Pemeriksaan dilakukan pada Rabu (23/3/2022) lalu di Gedung Merah Putih KPK. Keterangannya dibutuhkan untuk melengkapi berkas perkara para tersangka dalam kasus ini.
Seperti diketahui, Rahmat Effendi alias Bang Pepen ditetapkan sebagai tersangka penerima suap pengadaan barang dan jasa serta lelang jabatan setelah terjaring OTT KPK. Bang Pepen diringkus tim satuan tugas KPK bersama dengan 14 orang lain dalam operasi senyap tersebut.
Dalam operasi itu, KPK mengamankan uang total Rp 5 miliar dalam bentuk tunai dan buku tabungan. Lembaga antirasuah itu kemudian menetapkan sembilan sebagai tersangka korupsi, termasuk Bang Pepen dari 14 orang yang berhasil disergap tim satuan tugas tersebut.

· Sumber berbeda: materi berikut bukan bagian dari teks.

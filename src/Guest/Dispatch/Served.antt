-- ===== src/Guest/Dispatch/Served.antt =====
-- Sequences of requests to the agent (dispatch.rs), and which ports have a proxy after them.
use firecracker_lab.Prelude.{
  ℕ, ◌<◌, ◌^◌, Bool, false, ◌||◌, Option, none, some, List, [], ◌∷◌, ◌≡◌, refl, ◌==◌, nat_eq, ltb,
  if◌then◌else◌, arith, inl, inr, Bool-cases, sym, ap, ◌∙◌,
}
use firecracker_lab.Agent.{
  Request, status, vm_restore, start_tcp_vsock_proxy, stop_tcp_vsock_proxy, Response, ack,
  status_response, error_response, unset,
}
use firecracker_lab.Guest.Machine.{Mapping, Kernel, Machine, Reply, done, bail, next, pure}
use firecracker_lab.Guest.Proxies.{contains_key, remove_key, start, stop}
use firecracker_lab.Guest.Proxies.Synced.{
  listening, IsSynced, Started, Stopped, start-Started, stop-Stopped, start_outcome-IsSynced,
  stop_outcome-IsSynced,
}
use firecracker_lab.Guest.Dispatch.Kept.{Kept, Keeps, handle_vm_restore-Keeps}
use firecracker_lab.Guest.Dispatch.{
  parse_port, acked, ack_or_error, handle_vm_restore, handle_start_proxy, handle_stop_proxy,
  dispatch,
}

abbrev pub Trace : Type 0
Trace = List (Request × Response)

-- Whether the latest acknowledged request about the port, if there is one, has started its proxy.
abbrev pub proxied : ℕ → Trace → Bool
proxied port [] = false
proxied port ((start_tcp_vsock_proxy p _ _, ack) ∷ t) = p == port || proxied port t
proxied port ((stop_tcp_vsock_proxy p, ack) ∷ t) =
    let before = proxied port t in if p == port then false else before
proxied port (_ ∷ t) = proxied port t

-- From a machine without proxies, requests whose answers are in the trace, the latest first; a
-- request that dispatch fails on has no answer.
pub data Serves (kernel : Kernel) : Trace → Machine → Type 0 where
  booted : (m : Machine) → m.proxies ≡ [] → listening m.asked ≡ [] → Serves kernel [] m
  replied :
      {t : Trace} {m m' : Machine} {resp : Response} (req : Request)
      → Serves kernel t m
      → dispatch kernel (some req) m ≡ (done resp, m')
      → Serves kernel ((req, resp) ∷ t) m'
  failed :
      {t : Trace} {m m' : Machine} {e : List ℕ} (req : Option Request)
      → Serves kernel t m
      → dispatch kernel req m ≡ (bail e, m')
      → Serves kernel t m'

-- The proxies of the machine are those that the trace tells of.
pub record Follows (t : Trace) (m : Machine) : Type 0 where
  pub synced : IsSynced m
  pub agrees : (port : ℕ) → contains_key port m.proxies ≡ proxied port t

contains_key-remove_key :
    (p port : ℕ) (ps : List Mapping)
    → contains_key port (remove_key p ps) ≡ (if p == port then false else contains_key port ps)
unfolding contains_key remove_key
contains_key-remove_key p port [] = ground arith
contains_key-remove_key p port (q ∷ ps) = ground (arith, contains_key-remove_key p port ps)

-- What a request has done, by what it was answered: an acknowledged start or stop has done its
-- part, and nothing else has changed the proxies.
abbrev Answered : Request → Machine → Reply Response × Machine → Type 0
Answered (start_tcp_vsock_proxy p c v) m (done ack, m') =
    (p < 2 ^ 16) × Started p c v m (done tt, m')
Answered (stop_tcp_vsock_proxy p) m (done ack, m') = Stopped p m (done tt, m')
Answered _ m (_, m') = Kept m m'

module _ (kernel : Kernel) where
  acked_start :
      (p c v : ℕ) (m : Machine) (o : Reply (Unit {0}) × Machine)
      → p < 2 ^ 16
      → Started p c v m o
      → Answered (start_tcp_vsock_proxy p c v) m (acked o)
  unfolding acked Kept
  acked_start p c v m (done _, m') h s = (h, s)
  acked_start p c v m (bail e, m') h s = s

  acked_stop :
      (p : ℕ) (m : Machine) (o : Reply (Unit {0}) × Machine)
      → Stopped p m o
      → Answered (stop_tcp_vsock_proxy p) m (acked o)
  unfolding acked Kept
  acked_stop p m (done _, m') s = s
  acked_stop p m (bail e, m') s =
      (ap (λ n. n.proxies) (s.1), ap (λ n. listening n.asked) (s.1), ap (λ n. n.stats) (s.1))

  restored :
      (t : ℕ) (m : Machine) (o : Reply (Unit {0}) × Machine)
      → Kept m o.1
      → Answered (vm_restore t) m (next (λ _. pure ack) o)
  restored t m (done _, m') h = h
  restored t m (bail e, m') h = h

  dispatch-Answered : (req : Request) (m : Machine) → Answered req m (dispatch kernel (some req) m)
  unfolding dispatch ack_or_error handle_start_proxy handle_stop_proxy parse_port acked Kept Keeps
  dispatch-Answered status m = (refl, refl, refl)
  dispatch-Answered (vm_restore t) m =
      restored t m (handle_vm_restore kernel t m) (handle_vm_restore-Keeps kernel t m)
  dispatch-Answered (start_tcp_vsock_proxy p c v) m = elim (Bool-cases (ltb p (2 ^ 16))) [
    | inl fits ↦
        rw fits
          (acked_start p c v m (start kernel p c v m) (ground arith) (start-Started kernel p c v m))
    | inr large ↦ rw large (refl, refl, refl)
  ]
  dispatch-Answered (stop_tcp_vsock_proxy p) m = elim (Bool-cases (ltb p (2 ^ 16))) [
    | inl fits ↦ rw fits (acked_stop p m (stop kernel p m) (stop-Stopped kernel p m))
    | inr large ↦ rw large (refl, refl, refl)
  ]

bailed : (e : List ℕ) (req : Request) (m m' : Machine) → Answered req m (bail e, m') → Kept m m'
bailed e status m m' h = h
bailed e (vm_restore _) m m' h = h
bailed e (start_tcp_vsock_proxy _ _ _) m m' h = h
bailed e (stop_tcp_vsock_proxy _) m m' h = h

settled :
    {t t' : Trace} (m m' : Machine)
    → ((port : ℕ) → proxied port t' ≡ proxied port t)
    → Kept m m'
    → Follows t m
    → Follows t' m'
unfolding Kept
settled m m' told (kept, same, _) f = record {
  synced = record {
    threads = rw (kept, same, f.synced.threads);
    distinct = rw kept f.synced.distinct;
    small = rw kept f.synced.small;
  };
  agrees = λ port. rw (kept, told port) (f.agrees port);
}

-- An answer that keeps the trace and the machine together.
follow :
    (req : Request) (t : Trace) (m m' : Machine) (resp : Response)
    → Answered req m (done resp, m')
    → Follows t m
    → Follows ((req, resp) ∷ t) m'
unfolding Kept contains_key
follow status t m m' resp h f = settled m m' (λ _. refl) h f
follow (vm_restore _) t m m' resp h f = settled m m' (λ _. refl) h f
follow (start_tcp_vsock_proxy p c v) t m m' ack (small, h) f = record {
  synced = start_outcome-IsSynced p c v m (done tt, m') small h f.synced;
  agrees = λ port. rw (h.1) (ap (λ b. p == port || b) (f.agrees port));
}
follow (start_tcp_vsock_proxy p c v) t m m' (error_response e) h f = settled m m' (λ _. refl) h f
follow (start_tcp_vsock_proxy p c v) t m m' (status_response s) h f = settled m m' (λ _. refl) h f
follow (start_tcp_vsock_proxy p c v) t m m' unset h f = settled m m' (λ _. refl) h f
follow (stop_tcp_vsock_proxy p) t m m' ack h f = record {
  synced = stop_outcome-IsSynced p m (done tt, m') h f.synced;
  agrees = λ port. rw (h.1, contains_key-remove_key, f.agrees port) refl;
}
follow (stop_tcp_vsock_proxy p) t m m' (error_response e) h f = settled m m' (λ _. refl) h f
follow (stop_tcp_vsock_proxy p) t m m' (status_response s) h f = settled m m' (λ _. refl) h f
follow (stop_tcp_vsock_proxy p) t m m' unset h f = settled m m' (λ _. refl) h f

-- At any time the entries of the registry are the listener threads that run, on distinct ports of
-- 16 bits, and a port has a proxy exactly if the latest acknowledged request about it was a start.
pub Serves-Follows : {kernel : Kernel} {t : Trace} {m : Machine} → Serves kernel t m → Follows t m
unfolding contains_key dispatch Kept
Serves-Follows (booted m empty quiet) = record {
  synced = record { threads = empty ∙ sym quiet; distinct = rw empty tt; small = rw empty tt };
  agrees = λ port. rw empty refl;
}
Serves-Follows {kernel} (replied {t} {m} {m'} {resp} req s e) =
    follow req t m m' resp (rw (← e) (dispatch-Answered kernel req m)) (Serves-Follows s)
Serves-Follows {kernel} (failed {m} {m'} {e = reason} (some req) s e) =
    settled m m' (λ _. refl) (bailed reason req m m' (rw (← e) (dispatch-Answered kernel req m)))
      (Serves-Follows s)
Serves-Follows {kernel} (failed {m} {m'} none s e) =
    settled m m' (λ _. refl)
      (
        ap (λ o. o.1.proxies) (sym e),
        ap (λ o. listening o.1.asked) (sym e),
        ap (λ o. o.1.stats) (sym e),
      )
      (Serves-Follows s)

-- The part of an answer that is about the samples.
Answered-stats :
    (req : Request) (m : Machine) (o : Reply Response × Machine)
    → Answered req m o
    → o.1.stats ≡ m.stats
unfolding Kept
Answered-stats status m (done r, m') h = h.2
Answered-stats status m (bail e, m') h = h.2
Answered-stats (vm_restore _) m (done r, m') h = h.2
Answered-stats (vm_restore _) m (bail e, m') h = h.2
Answered-stats (start_tcp_vsock_proxy _ _ _) m (done ack, m') h = h.1.3
Answered-stats (start_tcp_vsock_proxy _ _ _) m (done (status_response _), m') h = h.2
Answered-stats (start_tcp_vsock_proxy _ _ _) m (done (error_response _), m') h = h.2
Answered-stats (start_tcp_vsock_proxy _ _ _) m (done unset, m') h = h.2
Answered-stats (start_tcp_vsock_proxy _ _ _) m (bail e, m') h = h.2
Answered-stats (stop_tcp_vsock_proxy _) m (done ack, m') h = h.3
Answered-stats (stop_tcp_vsock_proxy _) m (done (status_response _), m') h = h.2
Answered-stats (stop_tcp_vsock_proxy _) m (done (error_response _), m') h = h.2
Answered-stats (stop_tcp_vsock_proxy _) m (done unset, m') h = h.2
Answered-stats (stop_tcp_vsock_proxy _) m (bail e, m') h = h.2

-- No request changes the samples or the status.
pub dispatch-stats :
    (kernel : Kernel) (req : Option Request) (m : Machine)
    → (dispatch kernel req m).1.stats ≡ m.stats
unfolding dispatch
dispatch-stats kernel none m = refl
dispatch-stats kernel (some req) m =
    Answered-stats req m (dispatch kernel (some req) m) (dispatch-Answered kernel req m)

Politisi Partai Golkar itu diyakini mengintervensi lokasi ganti rugi dan pembebasan lahan yang dilakukan pemerintah kota Bekasi menggunakan APBD-P tahun 2021. Anggaran dalam APBD-P tersebut berjumlah keseluruhan Rp 286,5 miliar.
Dana itu kemudian digunakan untuk memberikan ganti rugi pembebasan lahan sekolah di wilayah Rawalumbu senilai Rp 21,8 miliar, pembebasan lahan Polder 202 senilai Rp 25,8 miliar, pembebasan lahan Polder Air Kranji senilai Rp 21,8 miliar, dan melanjutkan proyek pembangunan gedung teknis bersama senilai Rp 15 miliar.